O livro da capa Laranja.
Todos os dias, no meu trabalho eu o via.
Todos, sem exceção. Ele vinha sempre.
Em suas mãos somente um livro.
Um qualquer de capa laranja. Sei lá que livro era. Também não me importava, o que me deixava inquieto mesmo era:
Por que aquele jovem, de aparência tão simples, vinha todos os dias sentar-se ao lado daquele tumulo para ler? Por que não numa biblioteca? E o mais simples, por que sempre aquele livro?

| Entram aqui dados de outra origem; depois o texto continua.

-- ===== src/Share.antt =====
-- internal/share/share.go: links for downloads and uploads. Each method runs under the store's mutex and
-- takes what it gets from outside as arguments: the time, whether the file was written (`saved`), the
-- random tokens that are drawn, and the hash of a new password. JSON is not modelled.
pub mod Bounds
pub mod Downloads
pub mod Others
pub mod Tokens
pub mod Access
pub mod Tests
use macftpd.Prelude.{
  ℕ, zero, suc, ◌+◌, ◌-◌, Bool, true, false, ◌&&◌, ◌||◌, not, Option, none, some, List, [], ◌∷◌,
  ◌++◌, leb, ltb, if◌then◌else◌, ℤ, pos, negsuc, map,
}
use macftpd.Text.{Text, codes, is_empty, trim_space, trim_prefix, replace, ◌=ₜ◌, text_eq}
use macftpd.Dict.{Dict, get, put, del}
use macftpd.Clock.{Time, after, is_zero}
use macftpd.Path.{clean, slash, backslash}
use macftpd.Auth.Password.{Crypto, verify_password}
use macftpd.Sort.{sort}

pub record Link : Type 0 where
  pub id : Text
  pub kind : Text
  pub path : Text
  pub url_path : Text
  pub label : Text
  pub created_by : Text
  pub created_at : Time
  pub expires_at : Time
  pub max_downloads : ℤ
  pub download_count : ℕ
  pub last_download_at : Time
  pub token_hash : Text
  pub password_hash : Text
  pub allow_overwrite : Bool
  pub disabled : Bool

pub record PublicLink : Type 0 where
  pub id : Text
  pub kind : Text
  pub path : Text
  pub url_path : Text
  pub label : Text
  pub created_by : Text
  pub created_at : Time
  pub expires_at : Option Time
  pub max_downloads : ℤ
  pub download_count : ℕ
  pub last_download_at : Option Time
  pub has_password : Bool
  pub allow_overwrite : Bool
  pub disabled : Bool

pub record CreateRequest : Type 0 where
  pub kind : Text
  pub path : Text
  pub label : Text
  pub created_by : Text
  pub expires_at : Time
  pub max_downloads : ℤ
  pub password : Text
  pub allow_overwrite : Bool

pub record Store : Type 0 where
  pub links : Dict Text Link
  pub active : Dict Text ℕ

pub data Error : Type 0 where
  not_found denied expired disabled : Error
  bad_kind no_random hash_failed save_failed not_reserved : Error

pub data Result {ℓ} (A : Type ℓ) : Type ℓ where
  ok : A → Result A
  err : Error → Result A

-- what a method returns, and the store that it leaves
abbrev pub Outcome : Type 0 → Type 0
Outcome A = Result A × Store

-- `return s.saveLocked()`: a failed write is reported, and the links in memory stay changed
abbrev pub save : {A : Type 0} → Bool → A → Store → Outcome A
save true a s = (ok a, s)
save false a s = (err save_failed, s)

abbrev pub optional : Time → Option Time
optional t = if is_zero t then none else some t

unfoldable pub public : Link → PublicLink
public link = record {
  id = link.id;
  kind = link.kind;
  path = link.path;
  url_path = link.url_path;
  label = link.label;
  created_by = link.created_by;
  created_at = link.created_at;
  expires_at = optional link.expires_at;
  max_downloads = link.max_downloads;
  download_count = link.download_count;
  last_download_at = optional link.last_download_at;
  has_password = not (is_empty link.password_hash);
  allow_overwrite = link.allow_overwrite;
  disabled = link.disabled;
}

-- `link.MaxDownloads > 0 && count >= link.MaxDownloads`
abbrev pub is_spent : ℤ → ℕ → Bool
is_spent (pos zero) count = false
is_spent (pos (suc max)) count = leb (suc max) count
is_spent (negsuc n) count = false

unfoldable pub available : Time → Link → ℕ → Option Error
available now link active =
    if link.disabled
    then some disabled
    else if not (is_zero link.expires_at) && after now link.expires_at
    then some expired
    else if is_spent link.max_downloads (link.download_count + active)
    then some expired
    else none

-- `s.activeDownloads[id]`
abbrev pub count_or_zero : Option ℕ → ℕ
count_or_zero none = 0
count_or_zero (some n) = n

abbrev pub active_of : Text → Store → ℕ
active_of id s = count_or_zero (get id s.active)

abbrev reserve_available : Text → Store → Option Error → Outcome (Unit {0})
reserve_available id s (some e) = (err e, s)
reserve_available id s none = (ok tt, record s { active = put id (active_of id s + 1) s.active })

abbrev reserve_found : Time → Text → Store → Option Link → Outcome (Unit {0})
reserve_found now id s none = (err not_found, s)
reserve_found now id s (some link) = reserve_available id s (available now link (active_of id s))

unfoldable pub reserve_download : Time → Text → Store → Outcome (Unit {0})
reserve_download now id s = reserve_found now id s (get id s.links)

-- one download less is running
unfoldable pub release : Text → Store → Store
release id s =
    if leb (active_of id s) 1
    then record s { active = del id s.active }
    else record s { active = put id (active_of id s - 1) s.active }

abbrev finish_found : Bool → Time → Text → Store → Option Link → Outcome (Unit {0})
finish_found saved now id s none = (err not_found, s)
finish_found saved now id s (some link) = save saved tt (record s {
  links =
      put id (record link { download_count = link.download_count + 1; last_download_at = now })
        s.links;
})

unfoldable pub finish_download : Bool → Time → Text → Bool → Store → Outcome (Unit {0})
unfolding release
finish_download saved now id completed s =
    let released = release id s in
    if leb (active_of id s) 0
    then (err not_reserved, s)
    else if not completed
    then (ok tt, released)
    else finish_found saved now id released (get id released.links)

abbrev set_url_found : Bool → Text → Text → Store → Option Link → Outcome (Unit {0})
set_url_found saved id url_path s none = (err not_found, s)
set_url_found saved id url_path s (some link) =
    save saved tt (record s { links = put id (record link { url_path = url_path }) s.links })

unfoldable pub set_url_path : Bool → Text → Text → Store → Outcome (Unit {0})
set_url_path saved id url_path s = set_url_found saved id url_path s (get id s.links)

abbrev delete_found : Bool → Text → Store → Option Link → Outcome (Unit {0})
delete_found saved id s none = (err not_found, s)
delete_found saved id s (some link) = save saved tt (record s { links = del id s.links })

unfoldable pub delete : Bool → Text → Store → Outcome (Unit {0})
delete saved id s = delete_found saved id s (get id s.links)

abbrev public_found : Option Link → Result PublicLink
public_found none = err not_found
public_found (some link) = ok (public link)

-- `Public`
unfoldable pub public_of : Text → Store → Result PublicLink
public_of id s = public_found (get id s.links)

abbrev pub values : Dict Text Link → List Link
values [] = []
values ((k, link) ∷ m) = link ∷ values m

unfoldable pub list : Store → List PublicLink
list s =
    sort (λ (a : PublicLink) (b : PublicLink). after a.created_at b.created_at)
      (map public (values s.links))

-- `cleanVirtual` of this file
unfoldable pub clean_path : Text → Text
clean_path p =
    let q = trim_space (replace backslash b'/' p) in
    if is_empty q then slash else clean (b'/' ∷ trim_prefix q slash)

-- the loop of `load` over the links of the file
unfoldable pub load_links : List Link → Dict Text Link → Dict Text Link
load_links [] m = m
load_links (link ∷ links) m =
    load_links links (if not (is_empty link.id) then put link.id link m else m)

Eu, um simples coveiro não podia entender aquilo.
Até que um dia encorajei-me, precisava perguntar. Aproximei-me do sujeito, e mandei:
-Desculpe moço, sei que o senhor não me conhece mas eu trabalho aqui. Não querendo perturbar o senhor, mas, por que o senhor vem todos os dias aqui, e sempre com esse livro?
O jovem abaixou a cabeça, e deu um pequeno sorriso. Como se tivesse recordado algo. E penso que realmente recordou. Ele gentilmente resolveu matar a curiosidade deste velho senhor que o importunava:
- Você lembrou a mim agora...
Eu a princípio não entendi muito bem, porém ele tratou de explicar:
-Há algumas semanas atrás, eu fiz a mesma pergunta a ela.
-Se o senhor tiver alguns minutos disponíveis eu irei lhe contar uma história...
Eu passava em frente a esse mesmo cemitério quase todos os dias para ir a faculdade.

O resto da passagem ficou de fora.